Multiplication by time step in Sequential Impulses

[Dani3L]

Hello,

I am studying the Sequential Impulse theory for rigid bodies simulation using the slides of Erin Catto from GDC 2009. At the slide 52, it is written that the impulse P is equal to the Force F times the time step h :

P = h F

with the force :

F = J^T lambda

Then, at slide 53, it is written that we have tu update the velocity V2 using the impulse P:

V2 = V2 + M^-1 P

Therefore, according to this equation, the velocity update should be :

V2 = V2 + M^-1 h J^T lambda

However, at slide 56, we see that the velocity update is :

V2 = V2 + M^-1 P

with P = J^T lambda

As you can see here, the multiplication by the time step h has disapeared in the last equation.
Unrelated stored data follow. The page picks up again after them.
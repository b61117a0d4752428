-- ===== src/Command/Decode.antt =====
-- `CommandStream.from_bytes` of src/aginfer/lowering/command.py.
pub mod Tables
pub mod Records
pub mod Packed
pub mod Header
pub mod RoundTrip
pub mod Errors
mod Runs
use ag_infer.Prelude.{
  ℕ, zero, suc, ◌+◌, ◌-◌, ◌*◌, not, ◌||◌, List, [], ◌∷◌, Result, ok, err, format_error, ◌>>=◌, ◌>>◌,
  raise_if, ltb, ◌==◌, if◌then◌else◌, length, get_or, take, drop, list_eq, all_of,
}
use ag_infer.Prelude.Bytes.{chunks, number, to_hex}
use ag_infer.Command.{
  CommandTag, cuda_kernel, cublaslt_matmul, attention, memory_copy, OperandAccess, read, write,
  read_write, CudaArch, sm89, sm110, sm120, CommandOperand, ProviderCommand, CommandStream,
  max_commands, max_operands, magic, check_operand, check_command, check_stream,
}

-- `except ValidationError: raise FormatError`
pub as_format {ℓ} : {A : Type ℓ} → Result A → Result A
as_format (ok a) = ok a
as_format (err e) = err format_error

-- `CommandTag(raw)`, `OperandAccess(raw)` and `CudaArch(raw)`
pub tag_of : ℕ → Result CommandTag
tag_of raw =
    if raw == 1
    then ok cuda_kernel
    else if raw == 2
    then ok cublaslt_matmul
    else if raw == 3
    then ok attention
    else if raw == 4
    then ok memory_copy
    else err format_error

pub access_of : ℕ → Result OperandAccess
access_of raw =
    if raw == 1
    then ok read
    else if raw == 2
    then ok write
    else if raw == 3
    then ok read_write
    else err format_error

pub arch_of : ℕ → Result CudaArch
arch_of raw =
    if raw == 89
    then ok sm89
    else if raw == 110
    then ok sm110
    else if raw == 120
    then ok sm120
    else err format_error

-- The numbered field of an unpacked structure.
abbrev pub field : List (List ℕ) → ℕ → List ℕ
field fields i = get_or fields i []

abbrev pub operand_widths : List ℕ
operand_widths = 4 ∷ 4 ∷ 8 ∷ []

abbrev pub command_widths : List ℕ
command_widths = 4 ∷ 4 ∷ 4 ∷ 4 ∷ 4 ∷ 4 ∷ 4 ∷ 4 ∷ 8 ∷ 8 ∷ 8 ∷ 32 ∷ 8 ∷ []

abbrev pub header_widths : List ℕ
header_widths =
    8 ∷ 2 ∷ 2 ∷ 4 ∷ 4 ∷ 4 ∷ 4 ∷ 4 ∷ 4 ∷ 8 ∷ 8 ∷ 8 ∷ 8 ∷ 8 ∷ 8 ∷ 8 ∷ 8 ∷ 8 ∷ 32 ∷ 32 ∷ 20 ∷ []

-- One operand, from its fields.
pub operand_of : List (List ℕ) → Result CommandOperand
unfolding access_of as_format
operand_of fields = do
  access ← access_of (number (field fields 1))
  let operand : CommandOperand = record {
    value_id = number (field fields 0);
    access = access;
    byte_offset = number (field fields 2);
  }
  as_format (check_operand operand)
  ok operand

-- The loop over the operand table; `offset` is `operands_offset + index * 16`.
pub read_operands : List ℕ → ℕ → ℕ → Result (List CommandOperand)
unfolding operand_of
read_operands view offset zero = ok []
read_operands view offset (suc count) = do
  operand ← operand_of (chunks operand_widths (drop offset view))
  rest ← read_operands view (offset + 16) count
  ok (operand ∷ rest)

-- What the loop over the command records reads.
pub record Layout : Type 0 where
  pub operands : List CommandOperand
  pub operand_count : ℕ
  pub payload_offset : ℕ
  pub payload_bytes : ℕ

pub command_of : List ℕ → Layout → List (List ℕ) → ℕ → ℕ → Result ProviderCommand
unfolding tag_of as_format
command_of view l fields next_operand next_payload = do
  let flags = number (field fields 4)
  let first_operand = number (field fields 5)
  let selected = number (field fields 6)
  let payload_size = number (field fields 7)
  let selected_offset = number (field fields 8)
  raise_if (ltb 1 flags || not (all_of (λ b. b == 0) (field fields 12))) format_error
  raise_if
      (not (first_operand == next_operand)
        || selected == 0
        || ltb (l.operand_count - first_operand) selected)
      format_error
  raise_if
      (not (selected_offset == next_payload)
        || ltb (l.payload_bytes - selected_offset) payload_size)
      format_error
  tag ← tag_of (number (field fields 0))
  let command : ProviderCommand = record {
    tag = tag;
    provider_id = number (field fields 1);
    abi_major = number (field fields 2);
    abi_minor = number (field fields 3);
    capability_digest = to_hex (field fields 11);
    operands = take selected (drop first_operand l.operands);
    payload = take payload_size (drop (l.payload_offset + selected_offset) view);
    workspace_offset = number (field fields 9);
    workspace_bytes = number (field fields 10);
    capture_safe = flags == 1;
  }
  as_format (check_command command)
  ok command

-- The loop over the command records; `offset` is `commands_offset + index * 96`. It returns the
-- commands and the numbers of operands and of payload bytes that they take.
pub read_commands : List ℕ → Layout → ℕ → ℕ → ℕ → ℕ → Result (List ProviderCommand × ℕ × ℕ)
unfolding command_of
read_commands view l offset next_operand next_payload zero = ok ([], next_operand, next_payload)
read_commands view l offset next_operand next_payload (suc count) = do
  let fields = chunks command_widths (drop offset view)
  command ← command_of view l fields next_operand next_payload
  (rest, end_operand, end_payload) ←
      read_commands view l (offset + 96) (next_operand + number (field fields 6))
        (next_payload + number (field fields 7)) count
  ok (command ∷ rest, end_operand, end_payload)

-- The tests of the header, but for the digests.
pub check_header : List (List ℕ) → ℕ → Result (Unit {0})
check_header f size = do
  raise_if (not (list_eq (field f 0) magic)) format_error
  raise_if (not (number (field f 1) == 1) || ltb 0 (number (field f 2))) format_error
  raise_if
      (not (number (field f 3) == 192)
        || not (number (field f 7) == 0)
        || not (number (field f 8) == 0)
        || not (all_of (λ b. b == 0) (field f 20)))
      format_error
  let command_count = number (field f 5)
  let operand_count = number (field f 6)
  raise_if (command_count == 0 || ltb max_commands command_count) format_error
  raise_if (operand_count == 0 || ltb max_operands operand_count) format_error
  let operands_offset = 192 + command_count * 96
  let payload_offset = operands_offset + operand_count * 16
  raise_if
      (not (number (field f 13) == 192)
        || not (number (field f 14) == operands_offset)
        || not (number (field f 15) == payload_offset)
        || ltb size (number (field f 15))
        || not (number (field f 16) == size - number (field f 15))
        || not (number (field f 17) == size))
      format_error

module _ (sha256 : List ℕ → List ℕ) where
  -- `CommandStream.from_bytes`
  pub from_bytes : List ℕ → Result CommandStream
  unfolding check_header arch_of read_operands read_commands as_format
  from_bytes view = do
    raise_if (ltb (length view) 192) format_error
    let f = chunks header_widths view
    check_header f (length view)
    raise_if
        (all_of (λ b. b == 0) (field f 18)
          || not (list_eq (sha256 (drop (number (field f 13)) view)) (field f 19)))
        format_error
    arch ← arch_of (number (field f 4))
    operands ← read_operands view (number (field f 14)) (number (field f 6))
    let l : Layout = record {
      operands = operands;
      operand_count = number (field f 6);
      payload_offset = number (field f 15);
      payload_bytes = number (field f 16);
    }
    (commands, next_operand, next_payload) ←
        read_commands view l (number (field f 13)) 0 0 (number (field f 5))
    raise_if (not (next_operand == number (field f 6)) || not (next_payload == number (field f 16)))
        format_error
    let stream : CommandStream = record {
      target_arch = arch;
      memory_plan_sha256 = to_hex (field f 18);
      value_count = number (field f 9);
      arena_bytes = number (field f 10);
      state_bytes = number (field f 11);
      workspace_bytes = number (field f 12);
      commands = commands;
    }
    as_format (check_stream stream)
    ok stream
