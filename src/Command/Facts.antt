-- ===== src/Command/Facts.antt =====
-- What the constructor checks of operands, commands and digests guarantee.
use ag_infer.Prelude.{
  ℕ, ◌-◌, ◌^◌, ◌≤◌, ◌<◌, ◌≡◌, sym, false, not, ◌||◌, List, arith, ok, raise_if, raise_if-eq-ok,
  >>=-then, ltb, ◌==◌, length, list_eq→eq, all_of, All, Option-cases, subst, inl, inr,
}
use ag_infer.Prelude.Bytes.{to_hex, from_hex}
use ag_infer.Command.{
  CommandOperand, ProviderCommand, CommandStream, uint, positive_uint, digest_bytes, check_operand,
  check_command, check_stream, max_commands, max_operands, max_command_payload, is_write,
  operand_count,
}

pub uint-lt : (value bits : ℕ) {u : Unit {0}} → uint value bits ≡ ok u → value ≤ 2 ^ bits - 1
unfolding uint
uint-lt value bits e = let passed = raise_if-eq-ok _ _ e in ground arith

positive_uint-uint :
    (value bits : ℕ) {u : Unit {0}} → positive_uint value bits ≡ ok u → value ≤ 2 ^ bits - 1
unfolding positive_uint
positive_uint-uint value bits e = >>=-then (uint value bits) _ e λ _ h _. uint-lt value bits h

-- The bytes of a digest that was accepted.
pub record IsDigest (text bytes : List ℕ) : Type 0 where
  pub width : length bytes ≡ 32
  pub nonzero : all_of (λ b. b == 0) bytes ≡ false
  pub printed : to_hex bytes ≡ text

pub digest_bytes-IsDigest :
    (text : List ℕ) {bytes : List ℕ} → digest_bytes text ≡ ok bytes → IsDigest text bytes
unfolding digest_bytes
digest_bytes-IsDigest text {bytes} e = >>=-then (raise_if (not (length text == 64)) _) _ e λ _ _ e1.
    elim (Option-cases (from_hex text)) [
      | inl n ↦ absurd (let failed = rw n at e1 in cc)
      | inr (decoded, d) ↦
          let body = rw d at e1 in
          let same : decoded ≡ bytes = ground arith in
          subst (IsDigest text) same (record {
            width = ground arith;
            nonzero = ground arith;
            printed = sym (list_eq→eq text (to_hex decoded) (ground arith));
          })
    ]

pub record OperandFits (o : CommandOperand) : Type 0 where
  pub value_id : o.value_id < 256 ^ 4
  pub byte_offset : o.byte_offset < 256 ^ 8

pub check_operand-OperandFits :
    (o : CommandOperand) {u : Unit {0}} → check_operand o ≡ ok u → OperandFits o
unfolding check_operand
check_operand-OperandFits o e = >>=-then (uint o.value_id 32) _ e λ _ h e1.
    let a = uint-lt o.value_id 32 h in
    let b = uint-lt o.byte_offset 64 e1 in
    record { value_id = omega arith; byte_offset = omega arith }

pub record CommandFits (c : ProviderCommand) : Type 0 where
  pub digest : List ℕ
  pub decoded : digest_bytes c.capability_digest ≡ ok digest
  pub provider_id : c.provider_id < 256 ^ 4
  pub abi_major : c.abi_major < 256 ^ 4
  pub abi_minor : c.abi_minor < 256 ^ 4
  pub operands : 0 < length c.operands
  pub payload : length c.payload ≤ 67_108_864
  pub selected : length c.operands ≤ 8_000_000
  pub workspace_offset : c.workspace_offset < 256 ^ 8
  pub workspace_bytes : c.workspace_bytes < 256 ^ 8

pub check_command-CommandFits :
    (c : ProviderCommand) {u : Unit {0}} → check_command c ≡ ok u → CommandFits c
unfolding check_command
check_command-CommandFits c e = >>=-then (positive_uint c.provider_id 32) _ e λ _ p e1.
    >>=-then (positive_uint c.abi_major 32) _ e1 λ _ q e2.
      >>=-then (uint c.abi_minor 32) _ e2 λ _ r e3.
        >>=-then (digest_bytes c.capability_digest) _ e3 λ digest decoded e4.
          >>=-then (raise_if (length c.operands == 0 || ltb max_operands (length c.operands)) _) _
            e4
            λ _ s e5.
              >>=-then (raise_if (all_of (λ o. not (is_write o.access)) c.operands) _) _ e5
                λ _ _ e6.
                  >>=-then (raise_if (ltb max_command_payload (length c.payload)) _) _ e6 λ _ t e7.
                    >>=-then (uint c.workspace_offset 64) _ e7 λ _ v e8.
                      >>=-then (uint c.workspace_bytes 64) _ e8 λ _ w _.
                        let p' = positive_uint-uint c.provider_id 32 p in
                        let q' = positive_uint-uint c.abi_major 32 q in
                        let r' = uint-lt c.abi_minor 32 r in
                        let s' = raise_if-eq-ok _ _ s in
                        let t' = raise_if-eq-ok _ _ t in
                        let v' = uint-lt c.workspace_offset 64 v in
                        let w' = uint-lt c.workspace_bytes 64 w in
                        record {
                          digest = digest;
                          decoded = decoded;
                          provider_id = omega arith;
                          abi_major = omega arith;
                          abi_minor = omega arith;
                          operands = ground arith;
                          payload = ground arith;
                          selected = ground arith;
                          workspace_offset = omega arith;
                          workspace_bytes = omega arith;
                        }

pub record StreamFits (s : CommandStream) : Type 0 where
  pub digest : List ℕ
  pub decoded : digest_bytes s.memory_plan_sha256 ≡ ok digest
  pub value_count : s.value_count < 256 ^ 4
  pub arena_bytes : s.arena_bytes < 256 ^ 8
  pub state_bytes : s.state_bytes < 256 ^ 8
  pub workspace_bytes : s.workspace_bytes < 256 ^ 8
  pub some_commands : 0 < length s.commands
  pub commands : length s.commands ≤ 1_000_000
  pub operands : operand_count s.commands ≤ 8_000_000

pub check_stream-StreamFits :
    (s : CommandStream) {u : Unit {0}} → check_stream s ≡ ok u → StreamFits s
unfolding check_stream
check_stream-StreamFits s e = >>=-then (digest_bytes s.memory_plan_sha256) _ e λ digest decoded e1.
    >>=-then (positive_uint s.value_count 32) _ e1 λ _ p e2.
      >>=-then (uint s.arena_bytes 64) _ e2 λ _ q e3.
        >>=-then (uint s.state_bytes 64) _ e3 λ _ r e4.
          >>=-then (uint s.workspace_bytes 64) _ e4 λ _ t e5.
            >>=-then (raise_if (length s.commands == 0 || ltb max_commands (length s.commands)) _) _
              e5
              λ _ v e6.
                >>=-then (raise_if (ltb max_operands (operand_count s.commands)) _) _ e6 λ _ w _.
                  let p' = positive_uint-uint s.value_count 32 p in
                  let q' = uint-lt s.arena_bytes 64 q in
                  let r' = uint-lt s.state_bytes 64 r in
                  let t' = uint-lt s.workspace_bytes 64 t in
                  let v' = raise_if-eq-ok _ _ v in
                  let w' = raise_if-eq-ok _ _ w in
                  record {
                    digest = digest;
                    decoded = decoded;
                    value_count = omega arith;
                    arena_bytes = omega arith;
                    state_bytes = omega arith;
                    workspace_bytes = omega arith;
                    some_commands = ground arith;
                    commands = ground arith;
                    operands = ground arith;
                  }

-- A stream whose operands, commands and the stream itself passed the checks of their constructors.
pub record IsBuilt (s : CommandStream) : Type 0 where
  pub stream : check_stream s ≡ ok tt
  pub commands : All (λ c. check_command c ≡ ok tt) s.commands
  pub operands :
      All (λ (c : ProviderCommand). All (λ o. check_operand o ≡ ok tt) c.operands) s.commands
I have also taken a look at the code of the sequential impulse solver in Box2D and it also seem that we never multiply the force by the time step h to compute the impulse P that we use to update the velocity V2.

There is probably something that I don't understand here but I don't see how we can remove the multiplication by the time step h to compute the impulse P. Does someone has any idea how we can drop this multiplication ?

[Dirk Gregorius]

You don't drop, but essentially substitute F * h = P. All this says is that forces and impulses are linear dependent.

Here is where it comes from:

dv/dt = M^-1 * ( f + JT * lambda )
J * v = 0

( v2 - v1 ) / h = M^-1 * ( f + JT * lambda )
v2 = v1 + M^-1 * ( f + JT * lambda ) * h

J * v2 = 0
J * M^-1 * JT * (lambda * h) = -J * ( v1 + M^-1 * f * h )

Here lambda is a force and we relabel lamba' = lambda * h where lambda' is an impulse now.

J * M^-1 * JT * lambda' = -J * ( v1 + M^-1 * f * h )

[Dani3L]

Ok I see. It makes much more sense that way

Thanks a lot Dirk !

[c0der]

The way I understood it is, since the impulse is applied almost instantly, there is no need to integrate the force over time and assume it occurs instantaneously, therefore making P=JT*lambda rather than JT*lambda*h. Is this a correct assumption or should I multiply by the timestep regardless?

I have excluded h from the suspension bridge demo and the harmonic oscillator behaves fine.

[Dirk Gregorius]

You need to multiply by the timestep ratio if you want to support varying timesteps. I don't remember the details, but you can look it up in Box2D. If you don't support varying timesteps forget about it.